The master branch has been updated by hongtao Liu <liuhongt@gcc.gnu.org>: https://gcc.gnu.org/g:a71f90c5a7ae2942083921033cb23dcd63e70525 commit r15-499-ga71f90c5a7ae2942083921033cb23dcd63e70525 Author: Levy Hsu <admin@levyhsu.com> Date: Thu May 9 16:50:56 2024 +0800 x86: Add 3-instruction subroutine vector shift for V16QI in ix86_expand_vec_perm_const_1 [PR107563] Hi All We've introduced a new subroutine in ix86_expand_vec_perm_const_1 to optimize vector shifting for the V16QI type on x86. This patch uses a three-instruction sequence psrlw, psllw, and por to handle specific vector shuffle operations more efficiently. The change aims to improve assembly code generation for configurations supporting SSE2. Bootstrapped and tested on x86_64-linux-gnu, OK for trunk? Best Levy gcc/ChangeLog: PR target/107563 * config/i386/i386-expand.cc (expand_vec_perm_psrlw_psllw_por): New subroutine. (ix86_expand_vec_perm_const_1): Call expand_vec_perm_psrlw_psllw_por. gcc/testsuite/ChangeLog: PR target/107563 * g++.target/i386/pr107563-a.C: New test. * g++.target/i386/pr107563-b.C: New test.
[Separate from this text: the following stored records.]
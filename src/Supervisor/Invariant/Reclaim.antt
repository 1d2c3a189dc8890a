-- ===== src/Supervisor/Invariant/Reclaim.antt =====
-- svc_reclaim and go_down (src/state.c).
use ninit.Prelude.{
  ℕ, zero, suc, ◌+◌, ◌≤◌, ◌<◌, ◌≡◌, inl, inr, ap, Bool, true, false, not, ◌&&◌, List, [], ◌∷◌, ◌++◌,
  refl, ◌∙◌, subst, nil_of_length, List-cases, arith, All, All-append, if_keeps, Bool-cases, count,
  tally, tally-update, update, inc16, length, length-append,
}
use ninit.Graph.{Graph, IsWellFormed, dependents, order_only, targets}
use ninit.Supervisor.Core.{
  Core, set_up, set_released, Reclaiming, reclaim_edge, reclaim_edges, reclaim_loop,
}
use ninit.Supervisor.Invariant.Defs.{owing, IsUpCounted, IsReady, IsLinked}
use ninit.Supervisor.Invariant.Owing.{owing-cons, owing-append, owing-one, unreleased-lower}
use ninit.Supervisor.Invariant.Marks.{set_up-IsUpCounted}

module _ (g : Graph) (wf : IsWellFormed g) (extra : ℕ → ℕ) where
  open wf use {small, forward}

  -- what holds in the loops, with the dependents in `rest` still to be read
  pub record IsReclaiming (rest : List ℕ) (w : Reclaiming) : Type 0 where
    pub ups : IsUpCounted g w.core
    pub ready : IsReady g w.core
    pub linked : IsLinked g (λ d. owing g w.rqueue d + count d rest) extra w.core
    pub below : All (λ j. j < g.n_svc) w.rqueue

  abbrev bump : ℕ → Core → Core
  bump d c = record c { unmet = update c.unmet d (inc16 (c.unmet d)) }

  -- one increment takes its edge off the sum that is owed
  bump-IsLinked :
      (d : ℕ) (owed : ℕ → ℕ) (c : Core)
      → IsLinked g (λ e. owed e + count e (d ∷ [])) extra c
      → IsLinked g owed extra (bump d c)
  unfolding count
  bump-IsLinked d owed c h = record {
    fits = λ e l. ground (arith, h.fits e l);
    queued = h.queued;
    linked = λ e l. ground (arith, h.linked e l);
  }

  -- a released target that its prerequisite takes down joins the work list
  pub drop_target-IsLinked :
      (d : ℕ) (rq : List ℕ) (rest : ℕ → ℕ) (c : Core)
      → d < g.n_svc
      → c.released d ≡ true
      → IsLinked g (λ e. owing g rq e + rest e) extra c
      → IsLinked g
          (λ e. owing g (rq ++ d ∷ []) e + rest e)
          extra
          (record c { released = update c.released d false })
  drop_target-IsLinked d rq rest c l r h = record {
    fits = h.fits;
    queued = h.queued;
    linked = λ e m.
        let more = owing-append g e rq (d ∷ []) in
        let one = owing-one g e d in
        let lower = unreleased-lower g e c.released d l r in
        let before = h.linked e m in omega arith;
  }

  pub set_up-IsLinked :
      (d : ℕ) (v : Bool) (owed : ℕ → ℕ) (c : Core)
      → IsLinked g owed extra c
      → IsLinked g owed extra (set_up d v c)
  unfolding set_up
  set_up-IsLinked d true owed c h =
      if_keeps (IsLinked g owed extra) (c.up d) _ _ (λ _. h)
        (λ _. record { fits = h.fits; queued = h.queued; linked = h.linked })
  set_up-IsLinked d false owed c h =
      if_keeps (IsLinked g owed extra) (c.up d) _ _
        (λ _. record { fits = h.fits; queued = h.queued; linked = h.linked }) (λ _. h)

  pub take_down-IsReady :
      (d : ℕ) (c : Core) → IsReady g c → IsReady g (set_up d false (set_released d false c))
  unfolding set_up
  take_down-IsReady d c h = elim (Bool-cases (c.up d)) [
    | inl e ↦ rw e (record {
      up_released = λ i. ground (arith, h.up_released i);
      released_up = λ i. ground (arith, h.released_up i);
    })
    | inr e ↦ rw e (record {
      up_released = λ i. ground (arith, h.up_released i);
      released_up = λ i. ground (arith, h.released_up i);
    })
  ]

  -- One dependent leaves what is still to be read.
  reclaim_edge-IsReclaiming :
      (d : ℕ) (rest : List ℕ) (w : Reclaiming)
      → d < g.n_svc
      → IsReclaiming (d ∷ rest) w
      → IsReclaiming rest (reclaim_edge g d w)
  unfolding reclaim_edge count
  reclaim_edge-IsReclaiming d rest w l h =
      let c = bump d w.core in
      let ups : IsUpCounted g c = record { ups = h.ups.ups } in
      let ready : IsReady g c = record {
        up_released = h.ready.up_released;
        released_up = h.ready.released_up;
      } in
      let linked : IsLinked g (λ e. owing g w.rqueue e + count e rest) extra c =
        bump-IsLinked d (λ e. owing g w.rqueue e + count e rest) w.core
          (record {
            fits = h.linked.fits;
            queued = h.linked.queued;
            linked = λ e m. let before = h.linked.linked e m in ground arith;
          }) in
      if_keeps (IsReclaiming rest) (targets g d && c.released d && not (order_only g d)) _ _
        (λ e.
          let dropped : IsUpCounted g (set_released d false c) = record { ups = ups.ups } in
          record {
            ups = set_up-IsUpCounted g small (set_released d false c) d l dropped false;
            ready = take_down-IsReady d c ready;
            linked =
                set_up-IsLinked d false _ _
                  (drop_target-IsLinked d w.rqueue _ c l (ground arith) linked);
            below = All-append (λ j. j < g.n_svc) w.rqueue (d ∷ []) h.below (l, tt);
          })
        (λ _. record { ups = ups; ready = ready; linked = linked; below = h.below })

  reclaim_edges-IsReclaiming :
      (ds : List ℕ) (w : Reclaiming)
      → All (λ d. d < g.n_svc) ds
      → IsReclaiming ds w
      → IsReclaiming [] (reclaim_edges g ds w)
  unfolding reclaim_edges
  reclaim_edges-IsReclaiming [] w l h = h
  reclaim_edges-IsReclaiming (d ∷ ds) w l h =
      reclaim_edges-IsReclaiming ds (reclaim_edge g d w) l.1
        (reclaim_edge-IsReclaiming d ds w l.0 h)

  -- the released services and the entries of the work list: what bounds the rounds
  abbrev pub work : Reclaiming → ℕ
  work w = tally (λ b. b) g.n_svc w.core.released + length w.rqueue

  reclaim_edge-work : (d : ℕ) (w : Reclaiming) → d < g.n_svc → work (reclaim_edge g d w) ≡ work w
  unfolding reclaim_edge set_up
  reclaim_edge-work d w l = ground (
    arith,
    tally-update (λ (b : Bool). b) g.n_svc w.core.released d false l,
    length-append w.rqueue (d ∷ []),
  )

  reclaim_edges-work :
      (ds : List ℕ) (w : Reclaiming)
      → All (λ d. d < g.n_svc) ds
      → work (reclaim_edges g ds w) ≡ work w
  unfolding reclaim_edges
  reclaim_edges-work [] w l = refl
  reclaim_edges-work (d ∷ ds) w l =
      reclaim_edges-work ds (reclaim_edge g d w) l.1 ∙ reclaim_edge-work d w l.0

  All-below :
      (j : ℕ) (ds : List ℕ) → All (λ d. (j < d) × (d < g.n_svc)) ds → All (λ d. d < g.n_svc) ds
  All-below j [] h = tt
  All-below j (d ∷ ds) h = (h.0.1, All-below j ds h.1)

  pub dependents-below : (j : ℕ) → j < g.n_svc → All (λ d. d < g.n_svc) (dependents g j)
  dependents-below j l = All-below j (dependents g j) (forward j l)

  opened-IsReclaiming :
      (j : ℕ) (rest : List ℕ) (w : Reclaiming)
      → w.rqueue ≡ j ∷ rest
      → IsReclaiming [] w
      → IsReclaiming (dependents g j) (record w { rqueue = rest })
  unfolding count
  opened-IsReclaiming j rest w e h = record {
    ups = h.ups;
    ready = h.ready;
    linked = record {
      fits = h.linked.fits;
      queued = h.linked.queued;
      linked = λ d l.
          let before = h.linked.linked d l in
          let head = ap (λ q. owing g q d) e in let split = owing-cons g d j rest in omega arith;
    };
    below = (subst (All (λ i. i < g.n_svc)) e h.below).1;
  }

  -- With enough rounds the loop empties its work list and nothing more is owed.
  pub reclaim_loop-IsReclaiming :
      (fuel : ℕ) (w : Reclaiming)
      → work w ≤ fuel
      → IsReclaiming [] w
      → IsReclaiming [] (reclaim_loop g fuel w) × ((reclaim_loop g fuel w).rqueue ≡ [])
  unfolding reclaim_loop
  reclaim_loop-IsReclaiming zero w k h = (h, nil_of_length w.rqueue (omega arith))
  reclaim_loop-IsReclaiming (suc fuel) w k h = elim (List-cases w.rqueue) [
    | inl e ↦ rw (e, reclaim_loop) (h, e)
    | inr (j, rest, e) ↦
        let head = subst (All (λ i. i < g.n_svc)) e h.below in
        let below = dependents-below j head.0 in
        let opened = opened-IsReclaiming j rest w e h in
        let w' = record w { rqueue = rest } in
        let shorter = reclaim_edges-work (dependents g j) w' below in
        rw (e, reclaim_loop)
          (reclaim_loop-IsReclaiming fuel (reclaim_edges g (dependents g j) w')
            (omega (arith, ap length e))
            (reclaim_edges-IsReclaiming (dependents g j) w' below opened))
  ]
switch (d->vmode) { case E_V8QImode: if (!TARGET_MMX_WITH_SSE) return false; mode = V4HImode; gen_shr = gen_ashrv4hi3(should be gen_lshrv4hi3); gen_shl = gen_ashlv4hi3; gen_or = gen_iorv4hi3; break; case E_V16QImode: mode = V8HImode; gen_shr = gen_vlshrv8hi3; gen_shl = gen_vashlv8hi3; gen_or = gen_iorv8hi3; break; default: return false; } Obviously, under V8QImode it should be gen_lshrv4hi3 instead of gen_ashrv4hi3. I mistakenly used gen_ashrv4hi3 due to the similar naming conventions and failed to find out. gen_lshrv4hi3 is the correct logical shift needed. Will send a patch soon
Chiming in to say I'm seeing the exact same thing on trunk. Here's a minimal reproducer: using vec256 = unsigned __attribute__((__vector_size__(32))); void slow_rotate(vec256& x) { x = __builtin_shufflevector(x, x, 3, 0, 1, 2, 7, 4, 5, 6); } void fast_rotate(vec256& x) { x = vec256{x[3], x[0], x[1], x[2], x[7], x[4], x[5], x[6]}; } Godbolt link: https://godbolt.org/z/YY9P7xKbh fast_rotate generates pshufd as expected on x86_64 with generic compilation flags. slow_rotate is *much* slower.
generic vector lowering does not handle: _2 = VEC_PERM_EXPR <_1, _1, { 3, 0, 1, 2, 7, 4, 5, 6 }>; into 2 PERMs.
Tree (lower/tree) dump: https://godbolt.org/z/o7GrvjMqq slow_rotate still contains a single wide VEC_PERM_EXPR <_1, _1, {3,0,1,2,7,4,5,6}> while fast_rotate is already expressed as element extracts + vector constructor. RTL (expand) dump: https://godbolt.org/z/WT9cqbx7h fast_rotate expands to two 128-bit vec_select:V4SI shuffles (one per 16B half), which is the expected shape to select pshufd on an SSE2 baseline. In contrast, slow_rotate expands to scalar loads/stores (no vector perm/select remains), so the backend never sees a permute it can map to pshufd. So this looks like a generic vector-lowering / tree -> RTL expansion gap for non-native (32B) VEC_PERM_EXPR on SSE2 targets: masks that do not cross the 128-bit boundary should be decomposed into two 16B perms, but currently fall back to scalarization.